WORK TO BE COMPLETED
Your task is to copy each line of the material that includes "Views".
-*-*-
-- ===== src/Verbs/Views.antt =====
-- What the verb cache of server/db_verbs.c depends on: tables that look alike from there have the
-- same entries right.
use waverous.Base.{
  ℕ, ◌≡◌, refl, ap, sym, ◌∙◌, inl, inr, Bool, true, Option, none, some, ℤ, List, [], ◌∷◌, All,
  Bool-cases, Option-cases,
}
use mathlib.Core.Path.{subst}
use waverous.Text.{CStr}
use waverous.Database.{Object, Db, VcEntry, find_object}
use waverous.Database.Up.{Up}
use waverous.Verbs.{apart, find_verbdef_by_name}
use waverous.Verbs.Callable.{callable, first_verbs}
use waverous.Verbs.Cache.{Buckets, key_of, has_verbs}
use waverous.Verbs.Coherent.{HaveIds, IsRight, AreRight}

-- The cache is right, each object has its number, and the way up from each number ends.
abbrev pub Coherent : Db → Type 0
Coherent db = HaveIds db × AreRight db db.vc_table × ((x : ℤ) → (os : List Object) × Up db x os)

-- What the way up depends on.
abbrev pub shape : Option Object → Option (ℤ × ℤ)
shape none = none
shape (some o) = some (o.id, o.parent)

-- What a search for an executable verb depends on.
abbrev pub view : Option Object → Option (ℤ × ℤ × Bool × (CStr → Option ℕ))
view none = none
view (some o) =
    some (o.id, o.parent, has_verbs o.verbdefs, λ w. find_verbdef_by_name apart o w true)

module _ (db g : Db) (same : (x : ℤ) → shape (find_object g x) ≡ shape (find_object db x)) where
  HaveIds-shape : HaveIds db → HaveIds g
  HaveIds-shape ids x o e = elim (Option-cases (find_object db x)) [
    | inl n ↦ let p : shape (some o) ≡ none = sym (ap shape e) ∙ same x ∙ ap shape n in cc
    | inr (q, n) ↦
        let p : shape (some o) ≡ shape (some q) = sym (ap shape e) ∙ same x ∙ ap shape n in
        cc (p, ids x q n)
  ]

  Up-shape : (x : ℤ) (os : List Object) → Up db x os → (ps : List Object) × Up g x ps
  Up-shape x [] u = elim (Option-cases (find_object g x)) [
    | inl n ↦ ([], n)
    | inr (o, n) ↦ let p : shape (some o) ≡ none = sym (ap shape n) ∙ same x ∙ ap shape u in cc
  ]
  Up-shape x (o ∷ os) u = elim (Option-cases (find_object g x)) [
    | inl n ↦ let p : none ≡ shape (some o) = sym (ap shape n) ∙ same x ∙ ap shape u.0 in cc
    | inr (q, n) ↦
        let p : shape (some q) ≡ shape (some o) = sym (ap shape n) ∙ same x ∙ ap shape u.0 in
        let at : o.parent ≡ q.parent = cc in
        let (ps, v) = Up-shape o.parent os u.1 in (q ∷ ps, (n, subst (λ y. Up g y ps) at v))
  ]

-- Without entries, the cache is right if the numbers and the ways up are there.
pub Coherent-shape :
    (db g : Db)
    → ((x : ℤ) → shape (find_object g x) ≡ shape (find_object db x))
    → AreRight g g.vc_table
    → Coherent db
    → Coherent g
Coherent-shape db g same a (ids, _, ups) =
    (HaveIds-shape db g same ids, a, λ x. let (os, u) = ups x in Up-shape db g same x os u)

callable-alike :
    (o q : Object) (os ps : List Object) (w : CStr)
    → o.id ≡ q.id
    → find_verbdef_by_name apart o w true ≡ find_verbdef_by_name apart q w true
    → callable os w ≡ callable ps w
    → callable (o ∷ os) w ≡ callable (q ∷ ps) w
unfolding callable
callable-alike o q os ps w id_eq find_eq rest =
    elim (Option-cases (find_verbdef_by_name apart q w true)) [
      | inl m ↦ rw (callable, find_eq, m) rest
      | inr (i, m) ↦ rw (callable, find_eq, m, id_eq) refl
    ]

module _ (db g : Db) (same : (x : ℤ) → view (find_object g x) ≡ view (find_object db x)) where
  -- A way up in the second table has one like it in the first.
  Up-view :
      (x : ℤ) (os : List Object)
      → Up g x os
      → (ps : List Object) × Up db x ps
        × ((w : CStr) → callable os w ≡ callable ps w)
        × (key_of (first_verbs os) ≡ key_of (first_verbs ps))
  unfolding callable
  Up-view x [] u = elim (Option-cases (find_object db x)) [
    | inl n ↦ ([], n, λ w. refl, refl)
    | inr (o, n) ↦ let p : none ≡ view (some o) = sym (ap view u) ∙ same x ∙ ap view n in cc
  ]
  Up-view x (o ∷ os) u = elim (Option-cases (find_object db x)) [
    | inl n ↦ let p : view (some o) ≡ none = sym (ap view u.0) ∙ same x ∙ ap view n in cc
    | inr (q, n) ↦
        let p : view (some o) ≡ view (some q) = sym (ap view u.0) ∙ same x ∙ ap view n in
        let at : o.parent ≡ q.parent = cc in
        let id_eq : o.id ≡ q.id = cc in
        let has_eq : has_verbs o.verbdefs ≡ has_verbs q.verbdefs = cc in
        let find_eq : (λ (w : CStr). find_verbdef_by_name apart o w true)
            ≡ (λ w. find_verbdef_by_name apart q w true) =
          cc in
        let (ps, v, c, k) = Up-view o.parent os u.1 in
        let find_at : (w : CStr)
            → find_verbdef_by_name apart o w true ≡ find_verbdef_by_name apart q w true =
          λ w. ap (λ (f : CStr → Option ℕ). f w) find_eq in
        (
          q ∷ ps,
          (n, subst (λ y. Up db y ps) at v),
          λ w. callable-alike o q os ps w id_eq (find_at w) (c w),
          elim (Bool-cases (has_verbs q.verbdefs)) [
            | inl t ↦ rw (has_eq, t) id_eq
            | inr f ↦ rw (has_eq, f) k
          ],
        )
  ]

  All-IsRight_view : (vcs : List VcEntry) → All (IsRight db) vcs → All (IsRight g) vcs
  All-IsRight_view [] a = tt
  All-IsRight_view (vc ∷ vcs) a = (
    (
      a.0.0,
      λ x os u k. let (ps, v, c, k') = Up-view x os u in c vc.verbname ∙ a.0.1 x ps v (sym k' ∙ k),
    ),
    All-IsRight_view vcs a.1,
  )

  pub AreRight-view : (t : Option Buckets) → AreRight db t → AreRight g t
  AreRight-view none a = tt
  AreRight-view (some table) a = λ b. All-IsRight_view (table b) (a b)
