-- ===== src/Tests/Tree.antt =====
-- A table of two objects: #0 with the property `q` and the verb `l*ook`, and its child #1 with a
-- property of its own.
use waverous.Base.{
  ℕ, zero, suc, ◌≡◌, refl, false, Option, none, some, ℤ, pos, negsuc, List, [], ◌∷◌, ◌<◌, arith,
  codes, length, get_elem?,
}
use waverous.Values.{Var, int, clear}
use waverous.Database.{Object, Db, Pval, find_object}
use waverous.Database.Chains.{nothing}
use waverous.Database.Up.{Up}
use waverous.Database.Family.{Family, node, nil, cons, Spans}
use waverous.Properties.{dbpriv_new_propdef, is_clear}
use waverous.Properties.Found.{AreValued}
use waverous.Verbs.Coherent.{HaveIds}
use waverous.Verbs.Views.{Coherent}

abbrev value : Var → Pval
value v = record { var = v; owner = pos 0; perms = 0 }

abbrev pub upper : Object
upper = record {
  id = pos 0;
  owner = pos 0;
  location = nothing;
  contents = nothing;
  next = nothing;
  parent = nothing;
  child = pos 1;
  sibling = nothing;
  name = [];
  flags = 0;
  verbdefs =
      record { name = codes "l*ook"; program = 0; owner = pos 0; perms = 4; prep = negsuc 0 } ∷ [];
  propdefs = dbpriv_new_propdef (codes "q") ∷ [];
  max_propdefs = 8;
  propval = value (int (pos 5)) ∷ [];
}

abbrev pub lower_one : Object
lower_one = record upper {
  id = pos 1;
  parent = pos 0;
  child = nothing;
  verbdefs = [];
  propdefs = dbpriv_new_propdef (codes "z") ∷ [];
  propval = value (int (pos 1)) ∷ value clear ∷ [];
}

abbrev slots : ℕ → Option Object
slots zero = some upper
slots (suc zero) = some lower_one
slots (suc (suc n)) = none

abbrev pub tree : Db
tree = record {
  slot = slots;
  num_objects = 2;
  max_objects = 100;
  all_users = [];
  vc_table = none;
  db_verb_generation = 0;
  verbcache_hit = 0;
  verbcache_neg_hit = 0;
  verbcache_miss = 0;
}

abbrev pub way : List Object
way = lower_one ∷ upper ∷ []

pub way-Up : Up tree (pos 1) way
unfolding find_object
way-Up = (refl, (refl, refl))

pub upper-Up : Up tree (pos 0) (upper ∷ [])
unfolding find_object
upper-Up = (refl, refl)

abbrev pub family : Family
family = node (pos 0) (cons (node (pos 1) nil) nil)

pub family-Spans : Spans tree family
unfolding find_object
family-Spans = (upper, refl, (refl, (lower_one, refl, refl), (lower_one, refl, refl)))

own_value :
    (o : Object) (v : Var) (ps : List Pval)
    → o.propval ≡ value v ∷ ps
    → is_clear v ≡ false
    → length o.propdefs ≡ 1
    → (i : ℕ) (p : Pval) → i < length o.propdefs
    → get_elem? o.propval i ≡ some p
    → is_clear p.var ≡ false
own_value o v ps e c k zero p lt h =
    let at : some (value v) ≡ some p = rw e at h in let same : v ≡ p.var = cc in rw⁻¹ same c
own_value o v ps e c k (suc i) p lt h = absurd (omega (arith, k))

pub way-AreValued : AreValued way
way-AreValued = (
  refl,
  own_value lower_one (int (pos 1)) (value clear ∷ []) refl refl refl,
  (refl, own_value upper (int (pos 5)) [] refl refl refl, tt),
)

ups : (x : ℤ) → (os : List Object) × Up tree x os
unfolding find_object
ups (pos zero) = (upper ∷ [], (refl, refl))
ups (pos (suc zero)) = (way, (refl, (refl, refl)))
ups (pos (suc (suc n))) = ([], ground arith)
ups (negsuc n) = ([], refl)

tree-HaveIds : HaveIds tree
unfolding find_object
tree-HaveIds (pos zero) o e = cc
tree-HaveIds (pos (suc zero)) o e = cc
tree-HaveIds (pos (suc (suc n))) o e = ground arith
tree-HaveIds (negsuc n) o e = cc

pub tree-Coherent : Coherent tree
tree-Coherent = (tree-HaveIds, tt, ups)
-*-*-
WORKED SOLUTION
-- ===== src/Verbs/Views.antt =====
use waverous.Verbs.Views.{Coherent}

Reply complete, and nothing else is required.